Data under study Block Start

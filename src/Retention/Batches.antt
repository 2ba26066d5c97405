-- ===== src/Retention/Batches.antt =====
-- The batched deletion ends, and an interruption after any commit leaves a thread that the next
-- sweep finds.
use assist.Retention.Defs.{
  Row, Database, delete_some, then_state, clear_table, last_state, with_writes, with_checkpoints,
  in_order, delete_thread_in_batches,
}
use assist.Base.{
  ℕ, zero, suc, ◌+◌, ◌<◌, String, not, ◌≡◌, refl, sym, ap, ◌∙◌, Option, some, List, [], ◌∷◌, ◌++◌,
  same, keep, ltb, ltb→lt, All, All-append, if◌then◌else◌, if_true, if_false, inl, inr, ◌⊎◌,
  Bool-cases, arith,
}

-- The rows of the other threads.
abbrev pub others : String → List Row → List Row
others tid rows = keep (λ r. not (same r.thread_id tid)) rows

-- How many rows are the thread's.
abbrev pub own : String → List Row → ℕ
own tid [] = 0
own tid (r ∷ rows) = let rest = own tid rows in if same r.thread_id tid then suc rest else rest

delete_some-others :
    (tid : String) (n : ℕ) (rows : List Row)
    → others tid (delete_some tid n rows).1 ≡ others tid rows
unfolding delete_some
delete_some-others tid zero rows = refl
delete_some-others tid (suc n) [] = refl
delete_some-others tid (suc n) (r ∷ rows) =
    ground (arith, delete_some-others tid n rows, delete_some-others tid (suc n) rows)

-- What is deleted is counted.
delete_some-own :
    (tid : String) (n : ℕ) (rows : List Row)
    → own tid rows ≡ (delete_some tid n rows).0 + own tid (delete_some tid n rows).1
unfolding delete_some
delete_some-own tid zero rows = omega arith
delete_some-own tid (suc n) [] = refl
delete_some-own tid (suc n) (r ∷ rows) =
    ground (arith, delete_some-own tid n rows, delete_some-own tid (suc n) rows)

-- A batch that is not full took every row.
delete_some-none_left :
    (tid : String) (n : ℕ) (rows : List Row)
    → (delete_some tid n rows).0 < n
    → own tid (delete_some tid n rows).1 ≡ 0
unfolding delete_some
delete_some-none_left tid zero rows h = absurd (omega (arith, h))
delete_some-none_left tid (suc n) [] h = refl
delete_some-none_left tid (suc n) (r ∷ rows) h =
    ground (arith, h, delete_some-none_left tid n rows, delete_some-none_left tid (suc n) rows)

own-others : (tid : String) (rows : List Row) → own tid rows ≡ 0 → others tid rows ≡ rows
own-others tid [] h = refl
own-others tid (r ∷ rows) h = ground (arith, h, own-others tid rows)

-- The loop on a table ended, with these commits.
record Cleared (tid : String) (rows : List Row) (o : Option (List (List Row))) : Type 0 where
  states : List (List Row)
  ended : o ≡ some states
  empty : own tid (last_state rows states) ≡ 0
  kept : All (λ s. others tid s ≡ others tid rows) states

others_still :
    (tid : String) (rows left : List Row) (states : List (List Row))
    → others tid left ≡ others tid rows
    → All (λ s. others tid s ≡ others tid left) states
    → All (λ s. others tid s ≡ others tid rows) states
others_still tid rows left [] e h = tt
others_still tid rows left (s ∷ states) e h = (h.0 ∙ e, others_still tid rows left states e h.1)

clear_table-Cleared :
    (fuel batch : ℕ) (tid : String) (rows : List Row)
    → 0 < batch
    → own tid rows < fuel
    → Cleared tid rows (clear_table fuel batch tid rows)
unfolding clear_table
clear_table-Cleared zero batch tid rows b f = absurd (omega (arith, f))
clear_table-Cleared (suc fuel) batch tid rows b f =
    elim (Bool-cases (ltb (delete_some tid batch rows).0 batch)) [
      | inl h ↦ record {
        states = left ∷ [];
        ended = if_true _ _ h;
        empty = delete_some-none_left tid batch rows (ltb→lt _ _ h);
        kept = (delete_some-others tid batch rows, tt);
      }
      | inr h ↦
          let rest : Cleared tid left (clear_table fuel batch tid left) =
            clear_table-Cleared fuel batch tid left b
              (ground (arith, f, b, h, delete_some-own tid batch rows)) in
          record {
            states = left ∷ rest.states;
            ended = if_false _ _ h ∙ ap (then_state left) rest.ended;
            empty = rest.empty;
            kept = (
              delete_some-others tid batch rows,
              others_still tid rows left rest.states (delete_some-others tid batch rows) rest.kept,
            );
          }
    ]
  where
    left : List Row
    left = (delete_some tid batch rows).1

-- What holds after each commit: the other threads have their rows, and a thread that had checkpoints
-- has all of them for as long as it has writes.
pub record Resumable (tid : String) (before after : Database) : Type 0 where
  pub writes_kept : others tid after.writes ≡ others tid before.writes
  pub checkpoints_kept : others tid after.checkpoints ≡ others tid before.checkpoints
  pub found_again : (after.checkpoints ≡ before.checkpoints) ⊎ (own tid after.writes ≡ 0)

with_writes-Resumable :
    (tid : String) (db : Database) (states : List (List Row))
    → All (λ s. others tid s ≡ others tid db.writes) states
    → All (Resumable tid db) (with_writes db states)
with_writes-Resumable tid db [] h = tt
with_writes-Resumable tid db (s ∷ states) h = (
  record { writes_kept = h.0; checkpoints_kept = refl; found_again = inl refl },
  with_writes-Resumable tid db states h.1,
)

with_checkpoints-Resumable :
    (tid : String) (db : Database) (ws : List Row) (states : List (List Row))
    → others tid ws ≡ others tid db.writes
    → own tid ws ≡ 0
    → All (λ s. others tid s ≡ others tid db.checkpoints) states
    → All (Resumable tid db) (with_checkpoints (record db { writes = ws }) states)
with_checkpoints-Resumable tid db ws [] e z h = tt
with_checkpoints-Resumable tid db ws (s ∷ states) e z h = (
  record { writes_kept = e; checkpoints_kept = h.0; found_again = inr z },
  with_checkpoints-Resumable tid db ws states e z h.1,
)

last_state-kept :
    (tid : String) (rows now : List Row) (states : List (List Row))
    → others tid now ≡ others tid rows
    → All (λ s. others tid s ≡ others tid rows) states
    → others tid (last_state now states) ≡ others tid rows
last_state-kept tid rows now [] e h = e
last_state-kept tid rows now (s ∷ states) e h = last_state-kept tid rows s states h.0 h.1

abbrev pub last_database : Database → List Database → Database
last_database db [] = db
last_database db (s ∷ states) = last_database s states

last_with_checkpoints :
    (db : Database) (states : List (List Row))
    → last_database db (with_checkpoints db states)
      ≡ record db { checkpoints = last_state db.checkpoints states }
last_with_checkpoints db [] = refl
last_with_checkpoints db (s ∷ states) = last_with_checkpoints (record db { checkpoints = s }) states

with_writes_anew :
    (db : Database) (ws : List Row) (states : List (List Row))
    → with_writes (record db { writes = ws }) states ≡ with_writes db states
with_writes_anew db ws [] = refl
with_writes_anew db ws (s ∷ states) =
    ap (λ l. record db { writes = s } ∷ l) (with_writes_anew db ws states)

last_with_writes :
    (db : Database) (states : List (List Row)) (more : List Database)
    → last_database db (with_writes db states ++ more)
      ≡ last_database (record db { writes = last_state db.writes states }) more
last_with_writes db [] more = refl
last_with_writes db (s ∷ states) more =
    ap (λ l. last_database (record db { writes = s }) (l ++ more))
      (sym (with_writes_anew db s states))
    ∙ last_with_writes (record db { writes = s }) states more

-- The table at the end is that of the other threads.
last_state-others :
    (tid : String) (rows : List Row) (o : Option (List (List Row)))
    → (c : Cleared tid rows o) → last_state rows c.states ≡ others tid rows
last_state-others tid rows o c =
    sym (own-others tid (last_state rows c.states) c.empty)
    ∙ last_state-kept tid rows rows c.states refl c.kept

-- A deletion that ended, with the databases that its commits left.
pub record Purged (tid : String) (db : Database) (o : Option (List Database)) : Type 0 where
  pub states : List Database
  pub ended : o ≡ some states
  pub finished :
      last_database db states
      ≡ record { writes = others tid db.writes; checkpoints = others tid db.checkpoints }
  pub resumable : All (Resumable tid db) states

-- With fuel for one more round than each table has rows of the thread, and batches that are not of
-- size 0, the deletion ends. The last commit leaves the other threads' rows in their order, and no
-- more. Each commit leaves them too, and as long as writes of the thread are left, all of the
-- checkpoints are, by which the next sweep finds the thread.
pub delete_thread_in_batches-Purged :
    (fuel batch : ℕ) (tid : String) (db : Database)
    → 0 < batch
    → own tid db.writes < fuel
    → own tid db.checkpoints < fuel
    → Purged tid db (delete_thread_in_batches fuel batch tid db)
unfolding delete_thread_in_batches
delete_thread_in_batches-Purged fuel batch tid db b f g = record {
  states = with_writes db ws.states ++ later;
  ended =
      ap (λ o. in_order db o (clear_table fuel batch tid db.checkpoints)) ws.ended
      ∙ ap (in_order db (some ws.states)) cs.ended;
  finished =
      last_with_writes db ws.states later
      ∙ last_with_checkpoints (record db { writes = left }) cs.states
      ∙ ap (λ t. record { writes = t; checkpoints = last_state db.checkpoints cs.states })
          (last_state-others tid db.writes _ ws)
      ∙ ap (λ t. record { writes = others tid db.writes; checkpoints = t })
          (last_state-others tid db.checkpoints _ cs);
  resumable =
      All-append (Resumable tid db) (with_writes db ws.states) later
        (with_writes-Resumable tid db ws.states ws.kept)
        (with_checkpoints-Resumable tid db left cs.states
          (last_state-kept tid db.writes db.writes ws.states refl ws.kept) ws.empty cs.kept);
}
  where
    ws : Cleared tid db.writes (clear_table fuel batch tid db.writes)
    ws = clear_table-Cleared fuel batch tid db.writes b f

    cs : Cleared tid db.checkpoints (clear_table fuel batch tid db.checkpoints)
    cs = clear_table-Cleared fuel batch tid db.checkpoints b g

    left : List Row
    left = last_state db.writes ws.states

    later : List Database
    later = with_checkpoints (record db { writes = left }) cs.states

Data under study Block End

§ **Task to complete**:
Please transcribe exactly the lines above from the line that has "c.states ≡ others tid rows" up to and including the line that has "last_database db states"; no other line belongs in the answer.

§ **Exercise solution**:
    → (c : Cleared tid rows o) → last_state rows c.states ≡ others tid rows
last_state-others tid rows o c =
    sym (own-others tid (last_state rows c.states) c.empty)
    ∙ last_state-kept tid rows rows c.states refl c.kept

-- A deletion that ended, with the databases that its commits left.
pub record Purged (tid : String) (db : Database) (o : Option (List Database)) : Type 0 where
  pub states : List Database
  pub ended : o ≡ some states
  pub finished :
      last_database db states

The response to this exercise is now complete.